TRENTON – A former clerk at the Lodi Motor Vehicle Agency was sentenced to state prison today for illegally selling New Jersey digital driver’s licenses to unauthorized persons, Attorney General Jeffrey S. Chiesa announced.
Anne Marie Manfredonia, 44, of Little Ferry, a former clerk in the Lodi Motor Vehicle Agency, was sentenced to four years in state prison, including two years of parole ineligibility, by Superior Court Judge Patrick J. Roma in Bergen County. Manfredonia pleaded guilty on March 12 to charges of second-degree conspiracy and third-degree tampering with public records. She will be permanently barred from public employment in New Jersey.
“Because New Jersey digital driver’s licenses are such a powerful form of identification, used to obtain credit and board airliners, we need to safeguard the integrity of our system of security checks in issuing them,” said Chiesa. “This prison sentence should send a strong deterrent message to any public employee involved in the process who would consider betraying the trust placed in them.”
“We’ll continue to work closely with the Motor Vehicle Commission to detect and charge any clerks, brokers or customers who are involved in illegal sales of driver’s licenses to unauthorized persons,” said Stephen J. Taylor, Director of the Division of Criminal Justice. “We’re moving forward with our prosecutions of the 40 defendants we indicted in connection with these schemes late last year.”
In pleading guilty, Manfredonia admitted that she conspired with a broker, Hildeberto Salinas, 44, of Carlstadt, to sell New Jersey digital driver’s licenses to customers who did not have the required six points of identification. Salinas pleaded guilty on March 19 to second-degree charges of bribery and conspiracy. He was sentenced on April 27 to four years in prison and was ordered to pay a $20,000 fine.

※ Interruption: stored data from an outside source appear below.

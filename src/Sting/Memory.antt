-- ===== src/Sting/Memory.antt =====
-- sting/setup.c: what `KRrealloc` does to the contents of a block.
use stin_g.Prelude.{ℕ, ◌+◌, ◌-◌, ◌*◌, ◌/◌, Bool, Option, none, some, ltb, if◌then◌else◌}

-- A block: its size in units of 8 bytes, the header counted, and its contents. An element is a byte,
-- or a bit where the program uses the block as a table of bits; `per` are the elements of a byte.
pub record Block {ℓ} (A : Type ℓ) : Type ℓ where
  pub units : ℕ
  pub at : ℕ → A

abbrev pub units_for : ℕ → ℕ
units_for size = (size + 7) / 8 + 1

-- `KRrealloc` to a size that is not 0. `some_memory` is the answer of `KRmalloc` where it is called,
-- and `junk` what its memory holds. A block that grows is cleared behind the old one.
unfoldable pub krrealloc {ℓ} :
    {A : Type ℓ} → ℕ → A → Bool → (ℕ → A) → Option (Block A) → ℕ → Option (Block A)
krrealloc per zero some_memory junk none size =
    if some_memory
    then some
        (record { units = units_for size; at = λ i. if ltb i (per * size) then zero else junk i })
    else none
krrealloc per zero some_memory junk (some b) size =
    if ltb b.units (units_for size)
    then (if some_memory
        then some (record {
          units = units_for size;
          at = λ i. if ltb i (per * ((b.units - 1) * 8)) then b.at i else zero;
        })
        else none)
    else some (record { units = units_for size; at = b.at })
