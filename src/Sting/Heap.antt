-- ===== src/Sting/Heap.antt =====
-- sting/setup.c: the memory of the kernel, `KRinitialize`, `KRmalloc`, `KRfree` and `KRgetfree`. Places
-- and sizes are counted in headers, of 8 bytes.
pub mod Owners
pub mod Fit
pub mod Return
mod Tests
use stin_g.Prelude.{
  ℕ, ◌+◌, ◌-◌, ◌*◌, ◌/◌, Bool, true, false, not, ◌&&◌, ◌||◌, List, [], ◌∷◌, ◌++◌, Option, none,
  some, ltb, leb, ◌==◌, if◌then◌else◌,
}
use stin_g.Sting.Memory.{units_for}

-- A block of memory with its header.
pub record MemHdr : Type 0 where
  pub place : ℕ
  pub size : ℕ

-- `ring` are the free blocks from `mem_free` on, in the order of `mem_ptr`, which leads from the last
-- to the first; it is [] where `mem_free` is NULL. `used` are the blocks whose header has the mark
-- MEM_MAGIC.
pub record Heap : Type 0 where
  pub ring : List MemHdr
  pub used : List MemHdr

-- `KRinitialize`, for memory that the system gives at `place`
pub kr_initialize : ℕ → ℕ → Heap
kr_initialize place size = record {
  ring = record { place = place; size = (size + 7) / 8 } ∷ [];
  used = [];
}

-- What is left of a free block, and the block that is cut from its end.
abbrev pub shrunk : MemHdr → ℕ → List MemHdr
shrunk b n = if b.size == n then [] else record { place = b.place; size = b.size - n } ∷ []

abbrev pub cut_off : MemHdr → ℕ → MemHdr
cut_off b n = record { place = b.place + (b.size - n); size = n }

abbrev pub cut_from : MemHdr → ℕ → List MemHdr → Option (MemHdr × List MemHdr)
cut_from b n ring = some (cut_off b n, ring)

-- The last test of the loop, of the block that `mem_free` leads to. `front` are the blocks of the
-- ring before `prev`.
pub search_first : ℕ → List MemHdr → MemHdr → Option (MemHdr × List MemHdr)
search_first n [] prev = if leb n prev.size then cut_from prev n (shrunk prev n) else none
search_first n (run ∷ front) prev =
    if leb n run.size then cut_from run n (prev ∷ (shrunk run n ++ front)) else none

-- The loop: the block that it cuts off, and the ring from the new `mem_free` on.
pub search_fit : ℕ → List MemHdr → MemHdr → List MemHdr → Option (MemHdr × List MemHdr)
unfolding search_first
search_fit n front prev [] = search_first n front prev
search_fit n front prev (run ∷ rest) =
    let on = search_fit n (front ++ prev ∷ []) run rest in
    if leb n run.size then cut_from run n (prev ∷ (shrunk run n ++ (rest ++ front))) else on

pub search_ring : ℕ → List MemHdr → Option (MemHdr × List MemHdr)
unfolding search_fit
search_ring n [] = none
search_ring n (b ∷ ring) = search_fit n [] b ring

abbrev pub taken : Heap → Option (MemHdr × List MemHdr) → Option MemHdr × Heap
taken h none = (none, h)
taken h (some (b, ring)) = (some b, record { ring = ring; used = b ∷ h.used })

-- `KRmalloc`: the block, whose address behind the header is returned, or `none` for NULL.
pub kr_malloc : Heap → ℕ → Option MemHdr × Heap
unfolding search_ring
kr_malloc h size = taken h (search_ring (units_for size) h.ring)

-- Whether the loop of `KRfree` stops between two blocks of the ring.
abbrev pub stops : MemHdr → MemHdr → MemHdr → Bool
stops blk run next =
    (ltb run.place blk.place && ltb blk.place next.place)
    || (leb next.place run.place && (ltb run.place blk.place || ltb blk.place next.place))

abbrev pub joins : MemHdr → MemHdr → Bool
joins a b = a.place + a.size == b.place

abbrev pub enlarged : MemHdr → MemHdr → MemHdr
enlarged a b = record a { size = a.size + b.size }

-- The block behind `run`, joined with it or not, in front of the others.
abbrev pub join_run : MemHdr → MemHdr → MemHdr → List MemHdr → List MemHdr
join_run run blk joined others =
    if joins run blk then enlarged run joined ∷ others else run ∷ joined ∷ others

-- The block put between `run` and the next of the ring.
pub put_back : MemHdr → MemHdr → List MemHdr → List MemHdr
put_back blk run [] = join_run run blk (if joins blk run then enlarged blk run else blk) []
put_back blk run (next ∷ others) =
    if joins blk next
    then join_run run blk (enlarged blk next) others
    else join_run run blk blk (next ∷ others)

abbrev pub first_of : List MemHdr → MemHdr → MemHdr
first_of [] b = b
first_of (a ∷ as') b = a

-- The loop; `none` means that it has gone round without an end, and will do so for ever.
pub search_gap : MemHdr → List MemHdr → MemHdr → List MemHdr → Option (List MemHdr)
unfolding put_back
search_gap blk front run [] =
    if stops blk run (first_of front run) then some (put_back blk run front) else none
search_gap blk front run (next ∷ rest) =
    let on = search_gap blk (front ++ run ∷ []) next rest in
    if stops blk run next then some (put_back blk run (next ∷ rest ++ front)) else on

pub into_ring : MemHdr → List MemHdr → Option (List MemHdr)
unfolding search_gap
into_ring blk [] = some (blk ∷ [])
into_ring blk (run ∷ rest) = search_gap blk [] run rest

-- The block at a place that has the mark, and the others.
pub find_used : ℕ → List MemHdr → Option (MemHdr × List MemHdr)
find_used place [] = none
find_used place (b ∷ bs) =
    let rest = find_used place bs in
    if b.place == place
    then some (b, bs)
    else elim rest [ none ↦ none | some (c, cs) ↦ some (c, b ∷ cs) ]

abbrev pub given_back : List MemHdr → Option (List MemHdr) → Option Heap
given_back others none = none
given_back others (some ring) = some (record { ring = ring; used = others })

abbrev pub free_found : Heap → Option (MemHdr × List MemHdr) → Option Heap
free_found h none = some h
free_found h (some (b, others)) = given_back others (into_ring b h.ring)

-- `KRfree`, of an address that is not NULL.
pub kr_free : Heap → ℕ → Option Heap
unfolding find_used into_ring
kr_free h place = free_found h (find_used place h.used)

-- `KRgetfree`: the bytes of all free blocks, or those of the largest.
abbrev pub total_free : List MemHdr → ℕ
total_free [] = 0
total_free (b ∷ bs) = b.size - 1 + total_free bs

abbrev pub largest_free : List MemHdr → ℕ
largest_free [] = 0
largest_free (b ∷ bs) =
    let rest = largest_free bs in if ltb rest (b.size - 1) then b.size - 1 else rest

pub kr_getfree : Heap → Bool → ℕ
kr_getfree h block_flag = (if block_flag then largest_free h.ring else total_free h.ring) * 8
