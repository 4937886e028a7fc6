-- ===== src/Sting/Heap/Fit.antt =====
-- sting/setup.c: when `KRmalloc` has a block to give.
use stin_g.Prelude.{
  ℕ, ◌-◌, ◌*◌, ◌<◌, ◌≡◌, refl, ap, ◌∙◌, Bool, true, false, ◌||◌, inl, inr, List, [], ◌∷◌, ◌++◌,
  Option, none, some, arith, leb, Bool-cases,
}
use stin_g.Sting.Memory.{units_for}
use stin_g.Sting.Heap.{
  MemHdr, Heap, first_of, search_first, search_fit, search_ring, taken, kr_malloc, largest_free,
  kr_getfree,
}

abbrev pub gives {ℓ} : {A : Type ℓ} → Option A → Bool
gives none = false
gives (some x) = true

abbrev any_fits : ℕ → List MemHdr → Bool
any_fits n [] = false
any_fits n (b ∷ bs) = leb n b.size || any_fits n bs

-- The block that `mem_free` leads to is tested last.
search_first-gives :
    (n : ℕ) (front : List MemHdr) (prev : MemHdr)
    → gives (search_first n front prev) ≡ leb n (first_of front prev).size
unfolding search_first
search_first-gives n [] prev = elim (Bool-cases (leb n prev.size)) [
  | inl fits ↦ rw fits refl
  | inr small ↦ rw small refl
]
search_first-gives n (run ∷ front) prev = elim (Bool-cases (leb n run.size)) [
  | inl fits ↦ rw fits refl
  | inr small ↦ rw small refl
]

first_of-append :
    (front : List MemHdr) (prev run : MemHdr)
    → first_of (front ++ prev ∷ []) run ≡ first_of front prev
first_of-append [] prev run = refl
first_of-append (b ∷ front) prev run = refl

search_fit-gives :
    (n : ℕ) (front : List MemHdr) (prev : MemHdr) (rest : List MemHdr)
    → gives (search_fit n front prev rest) ≡ (any_fits n rest || leb n (first_of front prev).size)
unfolding search_fit
search_fit-gives n front prev [] = search_first-gives n front prev
search_fit-gives n front prev (run ∷ rest) = elim (Bool-cases (leb n run.size)) [
  | inl fits ↦ rw fits refl
  | inr small ↦ rw small (
      search_fit-gives n (front ++ prev ∷ []) run rest
      ∙ ap (λ (b : MemHdr). any_fits n rest || leb n b.size) (first_of-append front prev run))
]

or_comm : (a b : Bool) → (a || b) ≡ (b || a)
or_comm true true = refl
or_comm true false = refl
or_comm false true = refl
or_comm false false = refl

search_ring-gives : (n : ℕ) (ring : List MemHdr) → gives (search_ring n ring) ≡ any_fits n ring
unfolding search_ring
search_ring-gives n [] = refl
search_ring-gives n (b ∷ ring) =
    search_fit-gives n [] b ring ∙ or_comm (any_fits n ring) (leb n b.size)

any_fits-largest :
    (size : ℕ) (ring : List MemHdr)
    → 0 < size
    → any_fits (units_for size) ring ≡ leb size (largest_free ring * 8)
any_fits-largest size [] pos = ground arith
any_fits-largest size (b ∷ ring) pos =
    let ih = any_fits-largest size ring pos in
    let one : leb (units_for size) b.size ≡ leb size ((b.size - 1) * 8) = ground arith in
    rw (one, ih) (ground arith)

taken-gives : (h : Heap) (o : Option (MemHdr × List MemHdr)) → gives (taken h o).0 ≡ gives o
taken-gives h none = refl
taken-gives h (some x) = refl

-- `KRmalloc` for at least one byte returns a block exactly if the size is not greater than the
-- largest free block that `KRgetfree` reports.
pub kr_malloc-kr_getfree :
    (h : Heap) (size : ℕ) → 0 < size → gives (kr_malloc h size).0 ≡ leb size (kr_getfree h true)
unfolding kr_malloc kr_getfree
kr_malloc-kr_getfree h size pos =
    taken-gives h (search_ring (units_for size) h.ring)
    ∙ search_ring-gives (units_for size) h.ring
    ∙ any_fits-largest size h.ring pos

Manfredonia and Salinas were among 40 defendants named in indictments unsealed on Dec. 5, 2011, which also alleged conspiracies to illegally sell driver’s licenses out of the East Orange, Edison, North Bergen and Jersey City motor vehicle agencies. In some cases, the customers, who are foreign nationals, did not qualify for a license because they were in the U.S. illegally. In other cases, they lacked sufficient documentation. The customers paid between $2,500 and $7,000 for a license or license renewal, and the MVC clerks and brokers split the proceeds. The indictments resulted from joint investigations by the Division of Criminal Justice and Motor Vehicle Commission.
The investigations were conducted by members of the Division of Criminal Justice MVC Unit, within the Specialized Crimes Bureau, and the Motor Vehicle Commission’s Division of Security, Investigation and Internal Audit.